L’ancien Code pénal date de 1867
Le Conseil des ministres a définitivement approuvé, en deuxième lecture, le projet de loi relatif au Livre II du Code pénal. Après l’approbation du Livre I en mai, le projet complet du nouveau Code pénal, préparé par le ministre Van Quickenborne, est maintenant prêt à être discuté au Parlement. Les lignes de force sont l’emprisonnement en tant qu’ultime remède, de nouvelles incriminations et des incriminations plus lourdes, des peines pour certaines infractions et une structure simple.
Bien que la société ait beaucoup évolué depuis, le Code pénal belge actuel date de 1867. Il est très à la traîne par rapport aux normes sociales actuelles et contient en outre d’innombrables dispositions tombées depuis longtemps en désuétude ou complétées par une multiplication de lois supplémentaires. La vision des peines est également trop axée sur les représailles et pas assez sur la réhabilitation. Pour pratiquement toutes les infractions, l’emprisonnement était le point de départ, alors que la science a depuis lors établi que pour les infractions moins graves, les peines alternatives sont beaucoup plus efficaces.
De nouvelles incriminations et des incriminations plus lourdes ainsi que des peines adaptées
Les incriminations et le montant des peines ont été adaptés aux valeurs et aux normes contemporaines. Cette démarche avait déjà été réalisée pour le nouveau droit pénal sexuel et est à présent généralisée à l’ensemble du Code pénal.
Ce principe s’applique, par exemple, aux actes de violence intrafamiliale face auxquels la société souhaite, à juste titre, une réaction plus sévère. C’est ainsi qu’est instaurée l’incrimination d’homicide intrafamilial, qui est assimilée à un meurtre et est assortie d’une peine de niveau 8. Pour diverses infractions telles que la torture, les traitements inhumains et dégradants, la peine est toujours augmentée d’un niveau si elles ont lieu dans un contexte intrafamilial, du fait qu’il s’agit d’une circonstance aggravante. Ce principe s’applique également lorsqu’il s’agit d’un ex-partenaire. La violence entre partenaires peut également être punie plus sévèrement si elle se produit en présence d’un enfant.

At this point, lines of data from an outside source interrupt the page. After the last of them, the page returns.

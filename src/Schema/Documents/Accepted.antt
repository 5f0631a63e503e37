-- ===== src/Schema/Documents/Accepted.antt =====
-- The ids of a document index of src/schema.rs, and what `DocumentIndex::decode` accepts.
use qzt.Base.{ℕ, ◌≡◌, ◌≢◌, ◌↔◌, refl, sym, List, [], ◌∷◌, Bool, true, false, inl, inr}
use qzt.Base.{length, All, IsU64, Bool-cases}
use qzt.Error.{QztError, Result, ok, err, panic, >>=-eq-ok, ok-injective}
use qzt.Error.{container_corrupt, duplicate_document_id}
use qzt.Cbor.{CborValue, Entries, Values, no_values, one_value}
use qzt.Cbor.Schema.{contains}
use qzt.Cbor.Closed.{In, contains_iff}
use qzt.Schema.{as_map, required_map, required_text, required_u64, required_bstr, required_array}
use qzt.Schema.{required_checksum, reject_unknown_keys, decode_prologue}
use qzt.Schema.Accepted.{
  IsBlake3, required_u64-IsU64, required_bstr_len, required_checksum-IsBlake3,
}
use qzt.Schema.Words
use qzt.Schema.Documents.{
  DocumentEntry, DocumentIndex, check_unique, validate_unique_doc_ids, document_keys,
  build_document,
}
use qzt.Schema.Documents.{
  decode_document_entry, decode_documents, document_index_keys, map_error, decode,
}

abbrev pub DistinctDocuments : List DocumentEntry → Type 0
DistinctDocuments [] = Unit
DistinctDocuments (d ∷ ds) =
    All (λ (e : DocumentEntry). e.doc_id ≢ d.doc_id) ds × DistinctDocuments ds

pub record IsDocument (d : DocumentEntry) : Type 0 where
  pub hash_len : length d.doc_id_hash ≡ 16
  pub logical_offset_u64 : IsU64 d.logical_offset
  pub byte_length_u64 : IsU64 d.byte_length
  pub first_line_u64 : IsU64 d.first_line
  pub line_count_u64 : IsU64 d.line_count
  pub chunk_start_u64 : IsU64 d.chunk_start
  pub chunk_end_u64 : IsU64 d.chunk_end
  pub checksum_blake3 : IsBlake3 d.checksum

pub record IsDocumentIndex (index : DocumentIndex) : Type 0 where
  pub container_id_len : length index.container_id ≡ 16
  pub all_valid : All IsDocument index.documents
  pub distinct : DistinctDocuments index.documents

-- The ids that were seen before are those of no document to come.
abbrev NotIn : List (List ℕ) → List DocumentEntry → Type 0
NotIn seen ds = All (λ (d : DocumentEntry). ¬ In d.doc_id seen) ds

NotIn-cons :
    (id : List ℕ) (seen : List (List ℕ)) (ds : List DocumentEntry)
    → NotIn (id ∷ seen) ds ↔ (All (λ (e : DocumentEntry). e.doc_id ≢ id) ds × NotIn seen ds)
NotIn-cons id seen [] = (λ h. (tt, tt), λ h. tt)
NotIn-cons id seen (d ∷ ds) = (
  λ h.
      let (other, rest) = (NotIn-cons id seen ds).0 h.1 in
      ((λ same. h.0 (inl (sym same)), other), (λ within. h.0 (inr within), rest)),
  λ h. (
    λ within. elim within [ inl same ↦ h.0.0 (sym same) | inr later ↦ h.1.0 later ],
    (NotIn-cons id seen ds).1 (h.0.1, h.1.1),
  ),
)

check_unique_iff :
    (seen : List (List ℕ)) (ds : List DocumentEntry)
    → (check_unique seen ds ≡ ok tt) ↔ (NotIn seen ds × DistinctDocuments ds)
unfolding check_unique
check_unique_iff seen [] = (λ h. (tt, tt), λ h. refl)
check_unique_iff seen (d ∷ ds) = elim (Bool-cases (contains seen d.doc_id)) [
  | inl old ↦
      rw old (λ h. absurd (refused h), λ h. absurd (h.0.0 ((contains_iff seen d.doc_id).0 old)))
  | inr new ↦ rw new (
    λ h.
        let (fresh, distinct) = (check_unique_iff (d.doc_id ∷ seen) ds).0 h in
        let (other, rest) = (NotIn-cons d.doc_id seen ds).0 fresh in
        (
          (
            λ within. clash (contains seen d.doc_id) ((contains_iff seen d.doc_id).1 within) new,
            rest,
          ),
          (other, distinct),
        ),
    λ h.
        (check_unique_iff (d.doc_id ∷ seen) ds).1
          ((NotIn-cons d.doc_id seen ds).1 (h.1.0, h.0.1), h.1.1),
  )
]
  where
    refused : ◌≡◌ {A = Result (Unit {0})} (err duplicate_document_id) (ok tt) → ⊥
    refused k = cc

    clash : (b : Bool) → b ≡ true → b ≡ false → ⊥
    clash b p q = cc

All-not-In-nil : (ds : List DocumentEntry) → NotIn [] ds
All-not-In-nil [] = tt
All-not-In-nil (d ∷ ds) = (λ h. h, All-not-In-nil ds)

-- `validate_unique_doc_ids` accepts an index exactly when no two of its documents have the same id.
pub validate_unique_doc_ids_iff :
    (index : DocumentIndex)
    → (validate_unique_doc_ids index ≡ ok tt) ↔ DistinctDocuments index.documents
unfolding validate_unique_doc_ids
validate_unique_doc_ids_iff index = (
  λ h. ((check_unique_iff [] index.documents).0 h).1,
  λ h. (check_unique_iff [] index.documents).1 (All-not-In-nil index.documents, h),
)

build_document-IsDocument :
    (fields : Entries) (d : DocumentEntry) → build_document fields ≡ ok d → IsDocument d
unfolding build_document
build_document-IsDocument fields d h =
    let e = container_corrupt in
    let (id, _, h₁) = >>=-eq-ok (required_text fields Words.word_doc_id e) _ h in
    let (hash, c₂, h₂) = >>=-eq-ok (required_bstr 16 fields Words.word_doc_id_hash e) _ h₁ in
    let (offset, c₃, h₃) = >>=-eq-ok (required_u64 fields Words.word_logical_offset e) _ h₂ in
    let (size, c₄, h₄) = >>=-eq-ok (required_u64 fields Words.word_byte_length e) _ h₃ in
    let (line, c₅, h₅) = >>=-eq-ok (required_u64 fields Words.word_first_line e) _ h₄ in
    let (lines, c₆, h₆) = >>=-eq-ok (required_u64 fields Words.word_line_count e) _ h₅ in
    let (first, c₇, h₇) = >>=-eq-ok (required_u64 fields Words.word_chunk_start e) _ h₆ in
    let (last, c₈, h₈) = >>=-eq-ok (required_u64 fields Words.word_chunk_end e) _ h₇ in
    let (sum, c₉, h₉) = >>=-eq-ok (required_checksum fields Words.word_checksum e) _ h₈ in
    rw (← ok-injective h₉) (record {
      hash_len = required_bstr_len 16 fields Words.word_doc_id_hash e hash c₂;
      logical_offset_u64 = required_u64-IsU64 fields Words.word_logical_offset e offset c₃;
      byte_length_u64 = required_u64-IsU64 fields Words.word_byte_length e size c₄;
      first_line_u64 = required_u64-IsU64 fields Words.word_first_line e line c₅;
      line_count_u64 = required_u64-IsU64 fields Words.word_line_count e lines c₆;
      chunk_start_u64 = required_u64-IsU64 fields Words.word_chunk_start e first c₇;
      chunk_end_u64 = required_u64-IsU64 fields Words.word_chunk_end e last c₈;
      checksum_blake3 = required_checksum-IsBlake3 fields Words.word_checksum e sum c₉;
    })

decode_document_entry-IsDocument :
    (value : CborValue) (d : DocumentEntry) → decode_document_entry value ≡ ok d → IsDocument d
unfolding decode_document_entry
decode_document_entry-IsDocument value d h =
    let e = container_corrupt in
    let (fields, _, h₁) = >>=-eq-ok (as_map value e) _ h in
    let (_, _, h₂) = >>=-eq-ok (reject_unknown_keys fields document_keys e) _ h₁ in
    let (_, _, h₃) = >>=-eq-ok (required_map fields Words.word_metadata e) _ h₂ in
    build_document-IsDocument fields d h₃

decode_documents-All :
    (values : Values) (ds : List DocumentEntry)
    → decode_documents values ≡ ok ds
    → All IsDocument ds
unfolding decode_documents
decode_documents-All no_values ds h = rw (← ok-injective h) tt
decode_documents-All (one_value value values) ds h =
    let (d, c₁, h₁) = >>=-eq-ok (decode_document_entry value) _ h in
    let (more, c₂, h₂) = >>=-eq-ok (decode_documents values) _ h₁ in
    rw (← ok-injective h₂)
      (decode_document_entry-IsDocument value d c₁, decode_documents-All values more c₂)

map_error_inv :
    (r : Result (Unit {0})) (e : QztError) {u : Unit {0}} → map_error r e ≡ ok u → r ≡ ok tt
unfolding map_error
map_error_inv (ok u) e h = refl
map_error_inv (err x) e h = cc
map_error_inv panic e h = cc

-- A document index that `DocumentIndex::decode` returns has a container id of 16 bytes, documents with
-- hashes of 16 bytes, u64 offsets, lengths, lines and chunks and named blake3 digests of 32 bytes, and
-- no two documents with the same id.
pub decode-IsDocumentIndex :
    (input : List ℕ) (index : DocumentIndex) → decode input ≡ ok index → IsDocumentIndex index
unfolding decode
decode-IsDocumentIndex input index h =
    let e = container_corrupt in
    let prologue = decode_prologue input document_index_keys Words.schema_document_index e in
    let (fields, _, h₁) = >>=-eq-ok prologue _ h in
    let (values, _, h₂) = >>=-eq-ok (required_array fields Words.word_documents e) _ h₁ in
    let (ds, c₃, h₃) = >>=-eq-ok (decode_documents values) _ h₂ in
    let (id, c₄, h₄) = >>=-eq-ok (required_bstr 16 fields Words.word_container_id e) _ h₃ in
    let built : DocumentIndex = record { container_id = id; documents = ds } in
    let (_, c₅, h₅) = >>=-eq-ok (map_error (validate_unique_doc_ids built) e) _ h₄ in
    rw (← ok-injective h₅) (record {
      container_id_len = required_bstr_len 16 fields Words.word_container_id e id c₄;
      all_valid = decode_documents-All values ds c₃;
      distinct =
          (validate_unique_doc_ids_iff built).0
            (map_error_inv (validate_unique_doc_ids built) e c₅);
    })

Parce que nous constatons que la discrimination peut se manifester de nombreuses façons différentes, le motif discriminatoire est prévu comme une circonstance aggravante possible pour chaque infraction. En outre, les motifs de discrimination déjà existants sont étendus à l’identité et à l’expression de genre. Une circonstance aggravante signifie que le juge doit choisir une peine plus lourde au sein du niveau de peine.
L’incitation au suicide devient punissable. L’incitation peut être psychologique ou matérielle. Psychologique, lorsque par exemple, on convainc une personne de mettre fin à ses jours, matérielle lorsque l’on sait qu’une personne est aux prises avec des pensées suicidaires et qu’on lui fournit une arme par exemple.
Le terrorisme sera puni beaucoup plus sévèrement. Entre autres, la participation à un groupe terroriste entraînera une peine de 5 à 10 ans de prison au lieu de 1 mois à 5 ans. La participation aux décisions au sein d’un groupe terroriste entraînera une peine pouvant aller jusqu’à 15 ans de prison au lieu de 10 ans. La préparation d’une infraction terroriste sera passible d’une peine d’emprisonnement pouvant aller jusqu’à 15 ans au lieu des 5 ans actuels. La peine pour l’incitation au terrorisme – ou l’entraînement de personnes à commettre des actes terroristes – sera également portée à un maximum de 15 ans au lieu de 10 ans. En outre, la règle générale veut que la peine soit systématiquement alourdie d’un niveau si le mobile d’une infraction est de nature terroriste.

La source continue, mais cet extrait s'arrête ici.